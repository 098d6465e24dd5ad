-- ===== src/History/Newest.antt =====
-- A view that is recorded comes first in the history.
use mathlib.Core.Path.{subst}
use phantom_share.Prelude.{
  ℕ, zero, suc, ◌+◌, ◌-◌, ◌*◌, ◌≡◌, refl, ap, sym, ◌∙◌, Bool, ◌||◌, true, false, Option, some, none,
  List, [], ◌∷◌, ◌++◌, map, ltb, ◌==◌, arith,
}
use phantom_share.Result.{http, ok, or_raise-bind-eq-ok}
use phantom_share.Sql.{select_one, select, count, exists, insert}
use phantom_share.Schema.{Db, TrackingRow, ViewRow, view_of, tracking_of}
use phantom_share.Permissions.{CurrentUser}
use phantom_share.Sql.Page.{offset, limit}
use phantom_share.Secrets.Views.{view_row, record_view}
use phantom_share.History.{
  SecretViewItem, SecretViewsResponse, view_item, is_readable, insert_view, last_viewed_first,
  secret_views,
}

abbrev pub is_later : ℕ → ViewRow → Bool
is_later now r = ltb now r.viewed_at

or_false : (a b : Bool) → a || b ≡ false → (a ≡ false) × (b ≡ false)
or_false a b h = ground arith

insert_view_earlier :
    (r v : ViewRow) (rows : List ViewRow)
    → is_later v.viewed_at r ≡ false
    → insert_view r (v ∷ rows) ≡ v ∷ insert_view r rows
unfolding insert_view
insert_view_earlier r v rows h = rw h

last_viewed_first-append :
    (v : ViewRow) (rows : List ViewRow)
    → exists (is_later v.viewed_at) rows ≡ false
    → last_viewed_first (rows ++ v ∷ []) ≡ v ∷ last_viewed_first rows
unfolding last_viewed_first insert_view exists
last_viewed_first-append v [] h = refl
last_viewed_first-append v (r ∷ rows) h =
    let (now_h, rest_h) =
      or_false (is_later v.viewed_at r) (exists (is_later v.viewed_at) rows) h in
    ap (insert_view r) (last_viewed_first-append v rows rest_h)
    ∙ insert_view_earlier r v (last_viewed_first rows) now_h

select-insert :
    (p : ViewRow → Bool) (v : ViewRow) (rows : List ViewRow)
    → p v ≡ true
    → select p (rows ++ v ∷ []) ≡ select p rows ++ v ∷ []
unfolding select
select-insert p v [] h = rw h
select-insert p v (r ∷ rows) h = ground (arith, select-insert p v rows h)

count-insert :
    (p : ViewRow → Bool) (v : ViewRow) (rows : List ViewRow)
    → p v ≡ true
    → count p (rows ++ v ∷ []) ≡ count p rows + 1
unfolding count
count-insert p v [] h = rw h
count-insert p v (r ∷ rows) h = omega (arith, count-insert p v rows h)

exists-select :
    (p q : ViewRow → Bool) (rows : List ViewRow)
    → exists q rows ≡ false
    → exists q (select p rows) ≡ false
unfolding exists select
exists-select p q [] h = refl
exists-select p q (r ∷ rows) h = ground (arith, exists-select p q rows)

limit_next {ℓ} :
    {A : Type ℓ} (n : ℕ) (x : A) (xs : List A) → limit (suc n) (x ∷ xs) ≡ x ∷ limit n xs
unfolding limit
limit_next n x xs =
    let some_left : (suc n == 0) ≡ false = ground arith in
    let left : suc n - 1 ≡ n = omega arith in rw (some_left, left)

limit-limit {ℓ} : {A : Type ℓ} (n : ℕ) (xs : List A) → limit n (limit (suc n) xs) ≡ limit n xs
unfolding limit
limit-limit n [] = refl
limit-limit zero (x ∷ xs) = ap (limit 0) (limit_next 0 x xs)
limit-limit (suc n) (x ∷ xs) =
    ap (limit (suc n)) (limit_next (suc n) x xs)
    ∙ (limit_next n x (limit (suc n) xs)
        ∙ (ap (λ ys. x ∷ ys) (limit-limit n xs) ∙ sym (limit_next n x xs)))

offset_zero {ℓ} : {A : Type ℓ} (xs : List A) → offset 0 xs ≡ xs
unfolding offset
offset_zero [] = refl
offset_zero (x ∷ xs) = refl

exists-readable :
    (secret_id user now : ℕ) (rows : List TrackingRow) {row : TrackingRow}
    → select_one (is_readable secret_id user now) rows ≡ some row
    → exists (tracking_of secret_id) rows ≡ true
unfolding exists select_one
exists-readable secret_id user now [] h = ground arith
exists-readable secret_id user now (r ∷ rows) {row = row} h =
    ground (arith, exists-readable secret_id user now rows {row = row})

first_page {ℓ} : {A : Type ℓ} (size : ℕ) (xs : List A) → offset ((1 - 1) * size) xs ≡ xs
first_page size xs =
    let none_before : (1 - 1) * size ≡ 0 = omega arith in
    ap (λ k. offset k xs) none_before ∙ offset_zero xs

-- The rows of a page that the SELECT returns for the views of a secret.
abbrev page_of : ℕ → ℕ → List ViewRow → List SecretViewItem
page_of secret_id size views =
    limit size (
      offset ((1 - 1) * size)
        (map view_item (last_viewed_first (select (view_of secret_id) views))))

view_of-view_row :
    (secret_id version now : ℕ) (viewer : Option CurrentUser)
    → view_of secret_id (view_row secret_id viewer version now) ≡ true
view_of-view_row secret_id version now none = ground arith
view_of-view_row secret_id version now (some u) = ground arith

viewed_at-view_row :
    (secret_id version now : ℕ) (viewer : Option CurrentUser)
    → (view_row secret_id viewer version now).viewed_at ≡ now
viewed_at-view_row secret_id version now none = refl
viewed_at-view_row secret_id version now (some u) = refl

page_of-append :
    (secret_id rest : ℕ) (v : ViewRow) (views : List ViewRow)
    → view_of secret_id v ≡ true
    → exists (is_later v.viewed_at) views ≡ false
    → page_of secret_id (suc rest) (views ++ v ∷ [])
      ≡ view_item v ∷ limit rest (page_of secret_id (suc rest) views)
page_of-append secret_id rest v views shown newest =
    let rows = select (view_of secret_id) views in
    let items = map view_item (last_viewed_first rows) in
    let first =
      ap last_viewed_first (select-insert (view_of secret_id) v views shown)
      ∙ last_viewed_first-append v rows
          (exists-select (view_of secret_id) (is_later v.viewed_at) views newest) in
    ap (limit (suc rest)) (
      first_page (suc rest)
        (map view_item (last_viewed_first (select (view_of secret_id) (views ++ v ∷ []))))
      ∙ ap (map view_item) first)
    ∙ (limit_next rest (view_item v) items
        ∙ ap (λ ys. view_item v ∷ ys)
            (sym (limit-limit rest items)
              ∙ ap (λ xs. limit rest (limit (suc rest) xs)) (sym (first_page (suc rest) items))))

-- A view that is recorded comes first in the history that the owner of the secret reads: where the
-- owner may read the history and no view is later than the new one, the first page then starts with
-- the new view, goes on with what it showed before, and counts one view more.
pub secret_views-record_view :
    (secret_id rest now later version : ℕ) (viewer : Option CurrentUser) (who : CurrentUser)
    (db : Db) {before : SecretViewsResponse}
    → exists (is_later now) db.views ≡ false
    → secret_views secret_id 1 (suc rest) later who db ≡ ok before
    → (after : SecretViewsResponse) × (secret_views secret_id 1
          (suc rest)
          later
          who
          (record_view secret_id viewer version now db)
        ≡ ok after)
      × (after.items ≡ view_item (view_row secret_id viewer version now) ∷ limit rest before.items)
      × (after.total ≡ before.total + 1)
      × (after.retain_until ≡ before.retain_until)
unfolding secret_views record_view insert
secret_views-record_view secret_id rest now later version viewer who db {before} newest h =
    let (row, found, h1) =
      or_raise-bind-eq-ok (select_one (is_readable secret_id who.id later) db.tracking)
        (http 404 "View history not found") _ {b = before} h in
    let tracked = exists-readable secret_id who.id later db.tracking found in
    let v = view_row secret_id viewer version now in
    let same : record {
      items = page_of secret_id (suc rest) db.views;
      total = count (view_of secret_id) db.views;
      page = 1;
      page_size = suc rest;
      retain_until = row.retain_until;
    }
        ≡ before =
      cc in
    let mine = view_of-view_row secret_id version now viewer in
    let last = viewed_at-view_row secret_id version now viewer in
    rw (tracked, found)
      (
        _,
        refl,
        page_of-append secret_id rest v db.views mine
              (subst (λ t. exists (is_later t) db.views ≡ false) (sym last) newest)
            ∙ ap (λ b. view_item v ∷ limit rest b.items) same,
        count-insert (view_of secret_id) v db.views mine ∙ ap (λ b. b.total + 1) same,
        ap (λ b. b.retain_until) same,
      )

→ THE TASK: Reproduce, exactly as they stand in the data above, the lines from the one that holds "last_viewed_first-append v [] h = refl" to the one that holds "(p q : ViewRow", inclusive.

→ OUTPUT BELOW:
last_viewed_first-append v [] h = refl
last_viewed_first-append v (r ∷ rows) h =
    let (now_h, rest_h) =
      or_false (is_later v.viewed_at r) (exists (is_later v.viewed_at) rows) h in
    ap (insert_view r) (last_viewed_first-append v rows rest_h)
    ∙ insert_view_earlier r v (last_viewed_first rows) now_h

select-insert :
    (p : ViewRow → Bool) (v : ViewRow) (rows : List ViewRow)
    → p v ≡ true
    → select p (rows ++ v ∷ []) ≡ select p rows ++ v ∷ []
unfolding select
select-insert p v [] h = rw h
select-insert p v (r ∷ rows) h = ground (arith, select-insert p v rows h)

count-insert :
    (p : ViewRow → Bool) (v : ViewRow) (rows : List ViewRow)
    → p v ≡ true
    → count p (rows ++ v ∷ []) ≡ count p rows + 1
unfolding count
count-insert p v [] h = rw h
count-insert p v (r ∷ rows) h = omega (arith, count-insert p v rows h)

exists-select :
    (p q : ViewRow → Bool) (rows : List ViewRow)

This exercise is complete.